* _Exercise brief_: Where does the word "built" show up in the data? Please find each such line and copy it.

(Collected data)
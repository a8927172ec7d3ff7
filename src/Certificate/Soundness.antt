-- ===== src/Certificate/Soundness.antt =====
-- What verify promises of a certificate that it accepts.
use goedge_ip_cert.Prelude.{
  ℕ, ◌≡◌, refl, ap, String, Bool, true, false, List, [], ◌∷◌, sym, arith, Option, none, some, not,
  ◌==◌, ◌||◌,
}
use goedge_ip_cert.Prelude.Int.{ℤ}
use goedge_ip_cert.Error.{Error, message}
use goedge_ip_cert.Action.Success.{ok-inj}
use goedge_ip_cert.Action.{Result, ok, err}
use goedge_ip_cert.Ipv4.{Addr, codes, number, parse_public}
use goedge_ip_cert.Certificate.{
  X509, Verified, Crypto, is_valid_at, check_chain, check_leaf, check_certs, verify, the_address,
  same_address, refuse, check_issuer, is_empty, common_names, ◌>>=◌, ◌>>◌,
}

-- Each certificate of a chain but the last is signed by the next, which is a CA.
pub data SignedBy (c : Crypto) : X509 → List X509 → Type 0 where
  root : {cert : X509} → SignedBy c cert []
  link :
      {cert issuer : X509} {rest : List X509}
      → issuer.is_ca ≡ true
      → c.check_signature_from cert issuer ≡ none
      → SignedBy c issuer rest
      → SignedBy c cert (issuer ∷ rest)

-- What an accepting run of two steps says of each.
bind-ok :
    {A B : Type 0} (m : Result A) (f : A → Result B) (b : B)
    → (m >>= f) ≡ ok b
    → (a : A) × (m ≡ ok a) × (f a ≡ ok b)
bind-ok (ok a) f b h = (a, refl, h)
bind-ok (err e) f b h = absurd cc

refuse-ok : (b : Bool) (e : Error) (u : Unit {0}) → refuse b e ≡ ok u → b ≡ false
refuse-ok true e u h = absurd cc
refuse-ok false e u h = refl

check_issuer-ok :
    (c : Crypto) (issuer : X509) (o : Option Error) (u : Unit {0})
    → check_issuer c issuer o ≡ ok u
    → o ≡ none
unfolding check_issuer
check_issuer-ok c issuer none u h = refl
check_issuer-ok c issuer (some e) u h = absurd cc

check_chain-SignedBy :
    (c : Crypto) (cert : X509) (rest : List X509) (u : Unit {0})
    → check_chain c cert rest ≡ ok u
    → SignedBy c cert rest
unfolding check_chain
check_chain-SignedBy c cert [] u h = root
check_chain-SignedBy c cert (issuer ∷ rest) u h =
    let ca =
      bind-ok (refuse (not issuer.is_ca) (message "an issuer of the chain is not a CA"))
        (λ _.
          check_issuer c issuer (c.check_signature_from cert issuer) >> check_chain c issuer rest)
        u h in
    let signed =
      bind-ok (check_issuer c issuer (c.check_signature_from cert issuer))
        (λ _. check_chain c issuer rest) u ca.2 in
    let is_ca = refuse-ok (not issuer.is_ca) _ _ ca.1 in
    link (ground arith) (check_issuer-ok c issuer _ _ signed.1)
      (check_chain-SignedBy c issuer rest _ signed.2)

-- What is known of an accepted leaf.
pub record GoodLeaf (requested : Addr) (now : ℤ) (leaf : X509) : Type 0 where
  pub not_ca : leaf.is_ca ≡ false
  pub valid_now : is_valid_at leaf now ≡ true
  pub address : String
  pub only_address : leaf.ip_addresses ≡ address ∷ []
  pub no_dns_names : leaf.dns_names ≡ []
  pub no_email_addresses : leaf.email_addresses ≡ []
  pub no_uris : leaf.uris ≡ []
  pub parsed : Addr
  pub is_public : parse_public (codes address) ≡ ok parsed
  pub same_number : number parsed ≡ number requested

is_empty-[] : {A : Type 0} (xs : List A) → is_empty xs ≡ true → xs ≡ []
is_empty-[] [] h = refl
is_empty-[] (x ∷ xs) h = absurd cc

single-address :
    (leaf : X509) (ip : String)
    → the_address leaf ≡ ok ip
    → (leaf.ip_addresses ≡ ip ∷ [])
      × (leaf.dns_names ≡ [])
      × (leaf.email_addresses ≡ [])
      × (leaf.uris ≡ [])
single-address leaf ip h =
    ground
      (arith, is_empty-[] leaf.dns_names, is_empty-[] leaf.email_addresses, is_empty-[] leaf.uris)

same_address-ok :
    (requested : Addr) (a : Result Addr) (u : Unit {0})
    → same_address requested a ≡ ok u
    → (x : Addr) × (a ≡ ok x) × (number x ≡ number requested)
unfolding same_address
same_address-ok requested (ok x) u h =
    let e = refuse-ok (not (number x == number requested)) _ _ h in (x, refl, ground arith)
same_address-ok requested (err e) u h = absurd cc

check_leaf-GoodLeaf :
    (c : Crypto) (requested : Addr) (now : ℤ) (leaf : X509) (u : Unit {0})
    → check_leaf c requested now leaf ≡ ok u
    → GoodLeaf requested now leaf
unfolding check_leaf
check_leaf-GoodLeaf c requested now leaf u h =
    let address = λ (ip : String). same_address requested (parse_public (codes ip)) in
    let date = refuse (not (is_valid_at leaf now)) (message "not yet valid or expired") in
    let ca =
      bind-ok (refuse leaf.is_ca (message "the leaf is a CA"))
        (λ _. date >> (the_address leaf >>= address)) u h in
    let valid = bind-ok date (λ _. the_address leaf >>= address) u ca.2 in
    let ip = bind-ok (the_address leaf) address u valid.2 in
    let one = single-address leaf ip.0 ip.1 in
    let same = same_address-ok requested (parse_public (codes ip.0)) u ip.2 in
    let is_valid = refuse-ok (not (is_valid_at leaf now)) _ _ valid.1 in
    record {
      not_ca = refuse-ok leaf.is_ca _ _ ca.1;
      valid_now = ground arith;
      address = ip.0;
      only_address = one.0;
      no_dns_names = one.1;
      no_email_addresses = one.2;
      no_uris = one.3;
      parsed = same.0;
      is_public = same.1;
      same_number = same.2;
    }

-- What is known of an accepted certificate: it has a chain of at least two certificates, the leaf is
-- good for the address that was asked for, the chain is signed, and the result is about it.
pub record Accepted (c : Crypto) (cert_pem key_pem : List ℕ) (ip : String) (now : ℤ) (v : Verified)
    : Type 0 where
  pub requested : Addr
  pub leaf : X509
  pub issuer : X509
  pub rest : List X509
  pub is_public : parse_public (codes ip) ≡ ok requested
  pub parsed_chain : c.key_pair cert_pem key_pem ≡ ok (leaf ∷ issuer ∷ rest)
  pub good : GoodLeaf requested now leaf
  pub signed : SignedBy c leaf (issuer ∷ rest)
  pub same_cert : v.cert_pem ≡ cert_pem
  pub same_key : v.key_pem ≡ key_pem
  pub same_not_before : v.not_before ≡ leaf.not_before
  pub same_not_after : v.not_after ≡ leaf.not_after
  pub dns_names : v.dns_names ≡ ip ∷ []
  pub same_fingerprint : v.fingerprint ≡ c.sha256_hex leaf.raw

module _ (c : Crypto) (cert_pem key_pem : List ℕ) (ip : String) (now : ℤ) (requested : Addr)
    (v : Verified) where
  certs-Accepted :
      (certs : List X509)
      → parse_public (codes ip) ≡ ok requested
      → c.key_pair cert_pem key_pem ≡ ok certs
      → check_certs c cert_pem key_pem ip now requested certs ≡ ok v
      → Accepted c cert_pem key_pem ip now v
  unfolding check_certs
  certs-Accepted [] p q h = absurd cc
  certs-Accepted (leaf ∷ []) p q h = absurd cc
  certs-Accepted (leaf ∷ issuer ∷ rest) p q h =
      let built : Verified = record {
        cert_pem = cert_pem;
        key_pem = key_pem;
        not_before = leaf.not_before;
        not_after = leaf.not_after;
        dns_names = ip ∷ [];
        common_names = common_names (leaf ∷ issuer ∷ rest);
        fingerprint = c.sha256_hex leaf.raw;
      } in
      let leaf_ok =
        bind-ok (check_leaf c requested now leaf)
          (λ _. check_chain c leaf (issuer ∷ rest) >> ok built) v h in
      let chain_ok = bind-ok (check_chain c leaf (issuer ∷ rest)) (λ _. ok built) v leaf_ok.2 in
      let same = ok-inj chain_ok.2 in
      record {
        requested = requested;
        leaf = leaf;
        issuer = issuer;
        rest = rest;
        is_public = p;
        parsed_chain = q;
        good = check_leaf-GoodLeaf c requested now leaf _ leaf_ok.1;
        signed = check_chain-SignedBy c leaf (issuer ∷ rest) _ chain_ok.1;
        same_cert = ap (λ x. x.cert_pem) (sym same);
        same_key = ap (λ x. x.key_pem) (sym same);
        same_not_before = ap (λ x. x.not_before) (sym same);
        same_not_after = ap (λ x. x.not_after) (sym same);
        dns_names = ap (λ x. x.dns_names) (sym same);
        same_fingerprint = ap (λ x. x.fingerprint) (sym same);
      }

-- A certificate that verify accepts has a chain of at least two certificates in which each is signed
-- by the next, a CA; its leaf is no CA, is valid at the time of the check, and has as its only
-- subject alternative name an address of the same number as the one that was asked for, which is
-- public; and the result's fields are those of the input and of the leaf.
pub verify-Accepted :
    (c : Crypto) (cert_pem key_pem : List ℕ) (ip : String) (now : ℤ) (v : Verified)
    → verify c cert_pem key_pem ip now ≡ ok v
    → Accepted c cert_pem key_pem ip now v
unfolding verify
verify-Accepted c cert_pem key_pem ip now v h =
    let some_pem =
      refuse (is_empty cert_pem || is_empty key_pem) (message "certificate or key is empty") in
    let rest = λ (x : Addr). λ (certs : List X509). check_certs c cert_pem key_pem ip now x certs in
    let address =
      bind-ok (parse_public (codes ip)) (λ x. some_pem >> (c.key_pair cert_pem key_pem >>= rest x))
        v h in
    let pem = bind-ok some_pem (λ _. c.key_pair cert_pem key_pem >>= rest address.0) v address.2 in
    let certs = bind-ok (c.key_pair cert_pem key_pem) (rest address.0) v pem.2 in
    certs-Accepted c cert_pem key_pem ip now address.0 v certs.0 address.1 certs.1 certs.2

* _Written reply_:
      let built : Verified = record {
          (λ _. check_chain c leaf (issuer ∷ rest) >> ok built) v h in
      let chain_ok = bind-ok (check_chain c leaf (issuer ∷ rest)) (λ _. ok built) v leaf_ok.2 in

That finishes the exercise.